Auto-sanitizing and if the server is configured properly the query is sent separately from the data. $statement and even $mydb can also be local variables restricting the scope of database access, further letting one secure things if you know what you are doing.

mysqli does have a procedural equivalent, but it's a wrapper for the object based version and generally speaking as a wrapper it just adds unneccessary overhead. Put on the big boy pants and do it right.

Still, as procedural mysqli:

$statement = mysqli_prepare($mydb, '
	SELECT *
	FROM table
	WHERE id = ?
');

mysqli_stmt_bind_param($statement, 'i', $_POST['id']);
mysqli_stmt_execute($statement);

Code (markup):

... and that doesn't even get into things like binding parameters. Really the behaviors that mysqli has that mimic the old mysql_ functions? Don't use them, it defeats the entire point of mysql_ going the way of the dodo.

Personally, I prefer PDO.

[code]$statement = $db->prepare('
	SELECT *
	FROM table
	WHERE id = ?
');
$statement->execute([$_POST['id']);

Code (markup):

But that's because you can pass an array of values to ->execute and it no longer ties you to JUST mysql.

 

Would you mind elaborating on how that is insecure and how it is different when using PDO?

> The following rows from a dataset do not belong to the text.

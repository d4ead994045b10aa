-- ===== src/Queue/Invariant/Cleanup.antt =====
-- The cleanup of exhausted jobs keeps the tables consistent, and never fails on them.
use pharma_intel.Base.{
  ℕ, ◌≡◌, refl, Bool, true, none, some, List, [], ◌∷◌, ok, All, All-map_of, length, ◌∙◌, &&-split,
}
use pharma_intel.Base.Table.{get, put, get-put_ne}
use pharma_intel.Queue.Rows.{Job, Attempt, Db, job_key, attempt_key}
use pharma_intel.Queue.Claim.{
  is_exhausted, mark_exhausted, mark_exhausted_all, mark_exhausted_batch, exhausted_batch,
}
use pharma_intel.Queue.Claim.Batch.{
  OtherThan, AreDistinct, exhausted_batch-AreDistinct, exhausted_batch-stored,
}
use pharma_intel.Queue.Invariant.{IsConsistent}
use pharma_intel.Queue.Invariant.Takeover.{mark_exhausted_one-IsConsistent}

-- A row that the cleanup may take: it is in the table and exhausted.
abbrev IsTaken : ℕ → List Job → Job → Type 0
IsTaken now jobs j = (get job_key j.sales_import jobs ≡ some j) × (is_exhausted now j ≡ true)

-- A key that no attempt has is still free afterwards.
abbrev pub KeepsNew : Db → Db → Type 0
KeepsNew db db' =
    (i : ℕ) → get attempt_key i db.attempts ≡ none → get attempt_key i db'.attempts ≡ none

-- The tables after one step of the loop.
abbrev put_next : ℕ → Job → Db → List Attempt → Db
put_next now j db ys = record db {
  jobs = put job_key (mark_exhausted now j) db.jobs;
  attempts = ys;
}

later-IsTaken :
    (now : ℕ) (j : Job) (jobs js : List Job)
    → OtherThan j js
    → All (IsTaken now jobs) js
    → All (IsTaken now (put job_key (mark_exhausted now j) jobs)) js
unfolding mark_exhausted
later-IsTaken now j jobs [] o a = tt
later-IsTaken now j jobs (k ∷ ks) o a =
    let (h, rest) = a in
    (
      (get-put_ne job_key _ k.sales_import jobs o.0 ∙ h.0, h.1),
      later-IsTaken now j jobs ks o.1 rest,
    )

pub mark_exhausted_all-IsConsistent :
    (now : ℕ) (js : List Job) (db : Db)
    → IsConsistent db
    → AreDistinct js
    → All (IsTaken now db.jobs) js
    → (db' : Db) × (mark_exhausted_all now js db ≡ ok db') × IsConsistent db' × KeepsNew db db'
unfolding mark_exhausted_all
mark_exhausted_all-IsConsistent now [] db v d a = (db, refl, v, λ i h. h)
mark_exhausted_all-IsConsistent now (j ∷ js) db v d a =
    let (hit, rest) = a in
    let (stored, x) = hit in
    let (ys, e, w, f) = mark_exhausted_one-IsConsistent now db j v stored x in
    let next = put_next now j db ys in
    let (db', e', w', f') =
      mark_exhausted_all-IsConsistent now js next w d.1 (later-IsTaken now j db.jobs js d.0 rest) in
    (db', rw e e', w', λ i h. f' i (f i h))

-- The whole transaction succeeds, on at most 100 jobs.
pub mark_exhausted_batch-IsConsistent :
    (now : ℕ) (locked : ℕ → Bool) (db : Db)
    → IsConsistent db
    → (db' : Db) × (mark_exhausted_batch now locked db
        ≡ ok (db', length (exhausted_batch now locked db.jobs)))
      × IsConsistent db'
      × KeepsNew db db'
unfolding mark_exhausted_batch
mark_exhausted_batch-IsConsistent now locked db v =
    let (db', e, w, f) =
      mark_exhausted_all-IsConsistent now (exhausted_batch now locked db.jobs) db v
        (exhausted_batch-AreDistinct now locked db.jobs v.job_keys)
        (All-map_of _ (IsTaken now db.jobs) (exhausted_batch now locked db.jobs)
          (λ j h. (h.0, (&&-split _ _ h.1).1))
          (exhausted_batch-stored now locked db.jobs v.job_keys)) in
    (db', rw e refl, w, f)
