-- ===== src/Queue/Invariant/Requests.antt =====
-- Queueing and requeueing keep the tables consistent.
use pharma_intel.Base.{
  ℕ, ◌+◌, ◌≡◌, ◌<◌, refl, true, false, not, none, some, [], ◌∷◌, ◌||◌, arith, ok, raise_if,
  or_raise, or_raise-ok, >>=-eq-ok, inl, inr, ◌⊎◌, Option-cases, sym, ◌++◌, max,
}
use mathlib.Core.Path.{subst}
use pharma_intel.Base.Int.{ℤ, pos, negsuc, ltb_ℤ, pos_part}
use pharma_intel.Base.Table.{get, put, get-key}
use pharma_intel.Intake.Row.{SalesImport, intake_key}
use pharma_intel.Queue.Rows.{
  Job, Db, job_key, does_not_exist, value_error, queue_state, is_processing,
}
use pharma_intel.Queue.Counts.{Status}
use pharma_intel.Queue.Enqueue.{
  enqueue_import, requeue_job, new_job, advanced_job, desired_status, requeued_job,
  is_waiting_for_file, is_parked, is_failed, maximum_supported, is_retryable,
}
use pharma_intel.Queue.Checks.{job_checked}
use pharma_intel.Queue.Checks.Rows.{
  new_job-job_checked, advanced_job-job_checked, requeued_job-job_checked,
}
use pharma_intel.Queue.Invariant.{IsConsistent, IsLinked, LinkedTo}
use pharma_intel.Queue.Invariant.Saving.{save-IsLinked, insert-IsLinked}
use pharma_intel.Queue.Invariant.Takeover.{stored-LinkedTo, stored-checked, same-SameFor}
use pharma_intel.Queue.Invariant.Owned.{runs_under-none}

desired_status-kind :
    (s : SalesImport)
    → (is_waiting_for_file (desired_status s)
        || is_parked (desired_status s)
        || is_failed (desired_status s))
      ≡ true
unfolding desired_status
desired_status-kind s = ground arith

-- A row that is saved alone keeps its attempts, its attempt count and whether it is leased out.
resave-IsConsistent :
    (db : Db) (j j' : Job)
    → IsConsistent db
    → get job_key j.sales_import db.jobs ≡ some j
    → j'.sales_import ≡ j.sales_import
    → j'.attempt_count ≡ j.attempt_count
    → is_processing j'.status ≡ is_processing j.status
    → (j'.lease_token ≡ j.lease_token)
      ⊎ ((is_processing j'.status ≡ false) × (j'.lease_token ≡ none))
    → job_checked j' ≡ true
    → IsLinked (put job_key j' db.jobs) db.attempts
resave-IsConsistent db j j' v e k c p t x =
    save-IsLinked db.jobs db.attempts db.attempts j' j v
      (subst (λ (n : ℕ). get job_key n db.jobs ≡ some j) (sym k) e) x v.attempt_ids
      (subst (λ (n : ℕ). LinkedTo n (some j') db.attempts) (sym k) linked)
      (λ n h. same-SameFor n db.attempts)
  where
    old : LinkedTo j.sales_import (some j) db.attempts
    old = stored-LinkedTo 0 db j v e

    linked : LinkedTo j.sales_import (some j') db.attempts
    linked = (
      ground (arith, old, c),
      rw c (old.1),
      ground (arith, old, p),
      elim t [
        | inl q ↦ rw (q, p) (old.3)
        | inr (f, q) ↦ rw (q, f) (runs_under-none j.sales_import db.attempts)
      ],
    )

advanced_same :
    (desired : Status) (now : ℕ) (j : Job)
    → ((advanced_job desired now j).sales_import ≡ j.sales_import)
      × ((advanced_job desired now j).attempt_count ≡ j.attempt_count)
      × ((advanced_job desired now j).lease_token ≡ j.lease_token)
      × (is_processing (advanced_job desired now j).status ≡ is_processing j.status)
unfolding advanced_job
advanced_same desired now j = ground arith

module _ (id : ℕ) (now clock n : ℕ) (s : SalesImport) (db : Db) (v : IsConsistent db)
    (positive : 0 < n) where
  insert-IsConsistent :
      get job_key id db.jobs ≡ none
      → IsLinked (db.jobs ++ new_job id n (desired_status s) now clock ∷ []) db.attempts
  unfolding new_job
  insert-IsConsistent e =
      insert-IsLinked db.jobs db.attempts (new_job id n (desired_status s) now clock) v e
        (new_job-job_checked id n (desired_status s) now clock positive (desired_status-kind s))
        refl (let k = desired_status-kind s in ground (arith, k))

  advance-IsConsistent :
      (j : Job)
      → get job_key j.sales_import db.jobs ≡ some j
      → IsLinked (put job_key (advanced_job (desired_status s) now j) db.jobs) db.attempts
  advance-IsConsistent j e =
      let (k, c, t, p) = advanced_same (desired_status s) now j in
      resave-IsConsistent db j (advanced_job (desired_status s) now j) v e k c p (inl t)
        (advanced_job-job_checked (desired_status s) now j (stored-checked now db j v e))

-- Queueing succeeds on an import that is there, and keeps the tables consistent.
pub enqueue_import-IsConsistent :
    (id : ℕ) (max_attempts : ℤ) (now clock : ℕ) (db db' : Db) (j : Job)
    → IsConsistent db
    → enqueue_import id max_attempts now clock db ≡ ok (db', j)
    → IsConsistent db'
unfolding enqueue_import
enqueue_import-IsConsistent id (negsuc n) now clock db db' j v h = absurd (ground (arith, h))
enqueue_import-IsConsistent id (pos n) now clock db db' j v h =
    let (_, g, h₁) =
      >>=-eq-ok
        (raise_if (ltb_ℤ (pos n) (pos 1) || ltb_ℤ (pos maximum_supported) (pos n)) value_error) _
        h in
    let (s, _, h₂) = >>=-eq-ok (or_raise (get intake_key id db.imports) does_not_exist) _ h₁ in
    elim (Option-cases (get job_key id db.jobs)) [
      | inl e ↦
          let same : record db { jobs = db.jobs ++ new_job id n (desired_status s) now clock ∷ [] }
              ≡ db' =
            ground (arith, h₂, e) in
          subst IsConsistent same (insert-IsConsistent id now clock n s db v (ground (arith, g)) e)
      | inr (k, e) ↦
          let key : k.sales_import ≡ id = get-key job_key id k db.jobs e in
          let same : record db {
            jobs = put job_key (advanced_job (desired_status s) now k) db.jobs;
          }
              ≡ db' =
            ground (arith, h₂, e) in
          subst IsConsistent same (
            advance-IsConsistent id now clock n s db v (ground (arith, g)) k
              (subst (λ (m : ℕ). get job_key m db.jobs ≡ some k) (sym key) e))
    ]

requeued-IsConsistent :
    (now more : ℕ) (k : Job) (db : Db)
    → IsConsistent db
    → get job_key k.sales_import db.jobs ≡ some k
    → is_processing k.status ≡ false
    → 0 < more
    → IsLinked
        (put job_key (requeued_job now (max k.max_attempts k.attempt_count + more) k) db.jobs)
        db.attempts
unfolding requeued_job
requeued-IsConsistent now more k db v e p m =
    resave-IsConsistent db k (requeued_job now (max k.max_attempts k.attempt_count + more) k) v e
      refl refl (sym p) (inr (refl, refl))
      (requeued_job-job_checked now more k (stored-checked now db k v e) m)

-- The row of the job that is requeued.
requeue_read :
    (id : ℕ) (additional : ℤ) (now : ℕ) (db db' : Db) (j : Job)
    → requeue_job id additional now db ≡ ok (db', j)
    → (k : Job) × (get job_key id db.jobs ≡ some k)
      × (is_processing k.status ≡ false)
      × (0 < pos_part additional)
      × (record db {
        jobs =
            put job_key
              (requeued_job now (max k.max_attempts k.attempt_count + pos_part additional) k)
              db.jobs;
      }
          ≡ db')
unfolding requeue_job
requeue_read id additional now db db' j h =
    let (u, g, h₁) = >>=-eq-ok (raise_if (ltb_ℤ additional (pos 1)) value_error) _ h in
    let (k, e, h₂) = >>=-eq-ok (or_raise (get job_key id db.jobs) does_not_exist) _ h₁ in
    let (s, i, h₃) =
      >>=-eq-ok (or_raise (get intake_key k.sales_import db.imports) does_not_exist) _ h₂ in
    let (w, r, h₄) = >>=-eq-ok (raise_if (not (is_retryable k.status)) queue_state) _ h₃ in
    (k, or_raise-ok _ _ _ e, ground (arith, r), ground (arith, g), ground (arith, h₄))

-- Requeueing a terminal job keeps the tables consistent.
pub requeue_job-IsConsistent :
    (id : ℕ) (additional : ℤ) (now : ℕ) (db db' : Db) (j : Job)
    → IsConsistent db
    → requeue_job id additional now db ≡ ok (db', j)
    → IsConsistent db'
requeue_job-IsConsistent id additional now db db' j v h =
    let (k, e, p, m, same) = requeue_read id additional now db db' j h in
    let key : k.sales_import ≡ id = get-key job_key id k db.jobs e in
    let e' : get job_key k.sales_import db.jobs ≡ some k =
      subst (λ (n : ℕ). get job_key n db.jobs ≡ some k) (sym key) e in
    subst IsConsistent same (requeued-IsConsistent now (pos_part additional) k db v e' p m)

From my understanding PDO has been using MySQL's native escaping functionality (same as mysql_real_escape_string) by default (unless you have
PDO::ATTR_EMULATE_PREPARES set to false).

 

I wouldn't use a tool. Personally if you have a large number of web sites using an obsolete programming style odds are there are other dated styles on those sites.... #1 you should look at these web sites to see if they are vulnerable to SQL injection attacks... if not, don't bother to change it. If so, you are going to have to invest some time and manual labor in to updating the code if it's important to you.

 

Which is one of the first values I set when using PDO... If for no other reason than emulated prepares being ridiculously inefficient when doing POEM (prepare once, execute mostly) and is STILL broken on passing more than one value to LIMIT.

Pasting values into the query string is stupid, always has been. Having the connection global in scope is stupid, always has been.

NOT as stupid as say... putting the connection info into undeletable global scope using DEFINE like turdpress does, but it's right up there on the herpafreakingderp scale.

After decades of working in other database scripting languages, seeing PHP dev's slap values into query strings left me wanting to pimp-slap whoever thought that was a good idea... much like seeing people wasting extra variables on NOTHING does. Hell even Clipper or dBase when you say the variable name you're saying THE VARIABLE NAME, not appending the value in the variable to the string!

I still think that's a functionality PHP is missing, being smart enough to have a query model where if there's a $ in the query string, it treats the label that follows as a automatic bindparam to that variable WITHOUT just blindly copying the value from that var.